-- ASSIGNMENT --
Will you quote only the lines starting at the one that contains "sessions_made zero retention" and ending with the last line of the listing below, inclusive?
[INPUT DATA Boundary: Start]
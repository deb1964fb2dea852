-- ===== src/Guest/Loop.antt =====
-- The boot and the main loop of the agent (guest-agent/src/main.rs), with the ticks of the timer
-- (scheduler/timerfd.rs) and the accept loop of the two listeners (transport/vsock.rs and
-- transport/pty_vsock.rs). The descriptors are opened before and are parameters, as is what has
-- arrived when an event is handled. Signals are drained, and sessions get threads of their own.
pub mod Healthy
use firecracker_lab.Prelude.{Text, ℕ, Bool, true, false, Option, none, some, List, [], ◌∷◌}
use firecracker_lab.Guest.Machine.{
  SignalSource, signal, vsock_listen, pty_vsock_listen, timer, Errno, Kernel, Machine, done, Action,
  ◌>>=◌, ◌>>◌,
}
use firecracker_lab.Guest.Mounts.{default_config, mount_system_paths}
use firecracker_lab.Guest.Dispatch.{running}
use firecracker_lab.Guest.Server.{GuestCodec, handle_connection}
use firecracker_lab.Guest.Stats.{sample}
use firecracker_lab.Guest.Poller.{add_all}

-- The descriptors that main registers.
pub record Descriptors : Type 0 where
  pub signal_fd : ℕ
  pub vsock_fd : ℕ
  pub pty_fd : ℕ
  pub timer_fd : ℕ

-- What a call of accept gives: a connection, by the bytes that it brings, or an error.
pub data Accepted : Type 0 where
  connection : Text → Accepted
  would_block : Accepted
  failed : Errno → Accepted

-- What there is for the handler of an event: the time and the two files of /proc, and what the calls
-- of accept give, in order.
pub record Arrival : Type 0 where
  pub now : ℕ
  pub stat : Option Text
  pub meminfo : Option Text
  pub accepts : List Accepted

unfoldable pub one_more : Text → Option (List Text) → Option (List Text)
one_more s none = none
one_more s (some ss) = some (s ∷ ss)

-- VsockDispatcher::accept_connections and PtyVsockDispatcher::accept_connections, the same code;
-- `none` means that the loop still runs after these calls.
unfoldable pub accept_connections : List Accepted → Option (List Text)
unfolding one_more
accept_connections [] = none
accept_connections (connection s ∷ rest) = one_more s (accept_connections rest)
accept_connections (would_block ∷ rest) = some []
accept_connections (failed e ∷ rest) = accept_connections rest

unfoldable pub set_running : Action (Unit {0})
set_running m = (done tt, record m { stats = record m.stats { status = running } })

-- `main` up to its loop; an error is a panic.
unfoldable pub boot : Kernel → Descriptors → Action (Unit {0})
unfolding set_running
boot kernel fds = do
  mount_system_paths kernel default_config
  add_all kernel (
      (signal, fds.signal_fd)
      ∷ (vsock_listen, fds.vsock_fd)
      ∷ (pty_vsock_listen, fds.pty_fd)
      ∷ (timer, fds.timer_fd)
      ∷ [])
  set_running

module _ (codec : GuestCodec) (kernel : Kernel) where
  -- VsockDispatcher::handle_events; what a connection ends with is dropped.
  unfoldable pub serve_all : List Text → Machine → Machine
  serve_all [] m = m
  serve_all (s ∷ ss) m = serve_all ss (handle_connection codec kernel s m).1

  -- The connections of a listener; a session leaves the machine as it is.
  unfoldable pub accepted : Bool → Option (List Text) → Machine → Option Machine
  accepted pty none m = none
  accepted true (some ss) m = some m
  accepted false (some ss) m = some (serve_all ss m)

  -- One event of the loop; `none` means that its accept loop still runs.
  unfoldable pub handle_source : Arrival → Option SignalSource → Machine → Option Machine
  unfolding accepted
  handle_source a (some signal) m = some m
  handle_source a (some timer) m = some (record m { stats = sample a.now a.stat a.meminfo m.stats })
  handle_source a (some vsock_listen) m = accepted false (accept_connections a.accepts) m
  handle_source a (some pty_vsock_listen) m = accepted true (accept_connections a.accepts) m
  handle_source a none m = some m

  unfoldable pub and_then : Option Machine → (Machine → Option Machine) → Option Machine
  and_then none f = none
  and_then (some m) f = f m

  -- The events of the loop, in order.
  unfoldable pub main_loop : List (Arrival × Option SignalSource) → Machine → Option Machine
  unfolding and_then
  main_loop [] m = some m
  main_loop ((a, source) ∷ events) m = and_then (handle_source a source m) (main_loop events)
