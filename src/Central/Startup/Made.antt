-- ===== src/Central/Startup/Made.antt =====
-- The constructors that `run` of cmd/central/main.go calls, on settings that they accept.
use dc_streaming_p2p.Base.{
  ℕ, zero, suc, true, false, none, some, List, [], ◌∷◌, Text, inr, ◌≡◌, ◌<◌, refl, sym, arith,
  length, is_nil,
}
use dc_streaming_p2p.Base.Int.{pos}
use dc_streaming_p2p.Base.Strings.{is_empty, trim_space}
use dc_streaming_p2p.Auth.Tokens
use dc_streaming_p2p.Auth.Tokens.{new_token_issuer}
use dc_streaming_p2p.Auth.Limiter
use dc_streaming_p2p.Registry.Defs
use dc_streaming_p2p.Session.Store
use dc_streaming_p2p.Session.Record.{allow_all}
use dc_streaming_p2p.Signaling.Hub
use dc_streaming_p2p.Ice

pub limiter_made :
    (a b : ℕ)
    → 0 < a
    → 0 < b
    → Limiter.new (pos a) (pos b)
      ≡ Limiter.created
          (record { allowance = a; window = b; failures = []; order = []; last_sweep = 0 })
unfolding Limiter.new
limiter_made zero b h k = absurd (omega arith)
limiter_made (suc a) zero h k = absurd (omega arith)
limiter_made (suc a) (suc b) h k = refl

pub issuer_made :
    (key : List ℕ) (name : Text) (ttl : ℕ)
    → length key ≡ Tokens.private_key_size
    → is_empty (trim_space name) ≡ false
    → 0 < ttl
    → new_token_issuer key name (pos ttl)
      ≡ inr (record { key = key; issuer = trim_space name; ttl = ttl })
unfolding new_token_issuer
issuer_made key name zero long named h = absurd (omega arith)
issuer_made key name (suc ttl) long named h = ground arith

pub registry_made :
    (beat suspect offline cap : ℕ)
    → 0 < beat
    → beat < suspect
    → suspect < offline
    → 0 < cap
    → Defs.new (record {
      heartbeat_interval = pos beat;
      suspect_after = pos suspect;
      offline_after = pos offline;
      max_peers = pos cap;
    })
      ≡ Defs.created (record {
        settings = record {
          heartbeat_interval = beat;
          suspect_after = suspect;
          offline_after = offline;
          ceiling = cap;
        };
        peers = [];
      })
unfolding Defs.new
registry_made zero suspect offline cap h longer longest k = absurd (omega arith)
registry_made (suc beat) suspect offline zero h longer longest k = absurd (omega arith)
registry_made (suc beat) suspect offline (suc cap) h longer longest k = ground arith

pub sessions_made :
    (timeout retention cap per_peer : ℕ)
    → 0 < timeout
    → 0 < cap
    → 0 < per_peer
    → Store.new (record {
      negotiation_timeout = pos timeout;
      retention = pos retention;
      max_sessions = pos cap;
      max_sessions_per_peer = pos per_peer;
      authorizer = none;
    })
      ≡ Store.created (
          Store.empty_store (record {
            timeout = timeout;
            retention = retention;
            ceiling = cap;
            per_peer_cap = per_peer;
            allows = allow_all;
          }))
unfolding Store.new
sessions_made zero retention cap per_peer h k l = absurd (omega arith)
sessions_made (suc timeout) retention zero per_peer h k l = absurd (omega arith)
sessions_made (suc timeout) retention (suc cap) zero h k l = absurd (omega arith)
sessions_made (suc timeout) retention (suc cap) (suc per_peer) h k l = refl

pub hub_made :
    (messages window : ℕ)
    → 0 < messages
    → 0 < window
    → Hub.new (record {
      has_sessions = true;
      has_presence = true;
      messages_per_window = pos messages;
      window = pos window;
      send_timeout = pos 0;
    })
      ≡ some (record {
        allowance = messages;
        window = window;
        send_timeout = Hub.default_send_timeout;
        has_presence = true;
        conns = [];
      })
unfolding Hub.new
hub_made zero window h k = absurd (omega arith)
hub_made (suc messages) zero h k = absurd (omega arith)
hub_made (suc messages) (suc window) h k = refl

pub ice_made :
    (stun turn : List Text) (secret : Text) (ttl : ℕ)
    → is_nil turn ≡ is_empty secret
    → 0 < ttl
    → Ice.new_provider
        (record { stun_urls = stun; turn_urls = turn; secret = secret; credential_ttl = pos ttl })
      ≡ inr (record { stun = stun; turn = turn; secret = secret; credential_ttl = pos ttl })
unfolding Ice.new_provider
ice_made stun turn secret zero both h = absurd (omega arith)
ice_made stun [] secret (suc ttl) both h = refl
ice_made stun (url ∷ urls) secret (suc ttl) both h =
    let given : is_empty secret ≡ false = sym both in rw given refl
[INPUT DATA Boundary: End]
-- TASK RESPONSE --
sessions_made zero retention cap per_peer h k l = absurd (omega arith)
sessions_made (suc timeout) retention zero per_peer h k l = absurd (omega arith)
sessions_made (suc timeout) retention (suc cap) zero h k l = absurd (omega arith)
sessions_made (suc timeout) retention (suc cap) (suc per_peer) h k l = refl

pub hub_made :
    (messages window : ℕ)
    → 0 < messages
    → 0 < window
    → Hub.new (record {
      has_sessions = true;
      has_presence = true;
      messages_per_window = pos messages;
      window = pos window;
      send_timeout = pos 0;
    })
      ≡ some (record {
        allowance = messages;
        window = window;
        send_timeout = Hub.default_send_timeout;
        has_presence = true;
        conns = [];
      })
unfolding Hub.new
hub_made zero window h k = absurd (omega arith)
hub_made (suc messages) zero h k = absurd (omega arith)
hub_made (suc messages) (suc window) h k = refl

pub ice_made :
    (stun turn : List Text) (secret : Text) (ttl : ℕ)
    → is_nil turn ≡ is_empty secret
    → 0 < ttl
    → Ice.new_provider
        (record { stun_urls = stun; turn_urls = turn; secret = secret; credential_ttl = pos ttl })
      ≡ inr (record { stun = stun; turn = turn; secret = secret; credential_ttl = pos ttl })
unfolding Ice.new_provider
ice_made stun turn secret zero both h = absurd (omega arith)
ice_made stun [] secret (suc ttl) both h = refl
ice_made stun (url ∷ urls) secret (suc ttl) both h =
    let given : is_empty secret ≡ false = sym both in rw given refl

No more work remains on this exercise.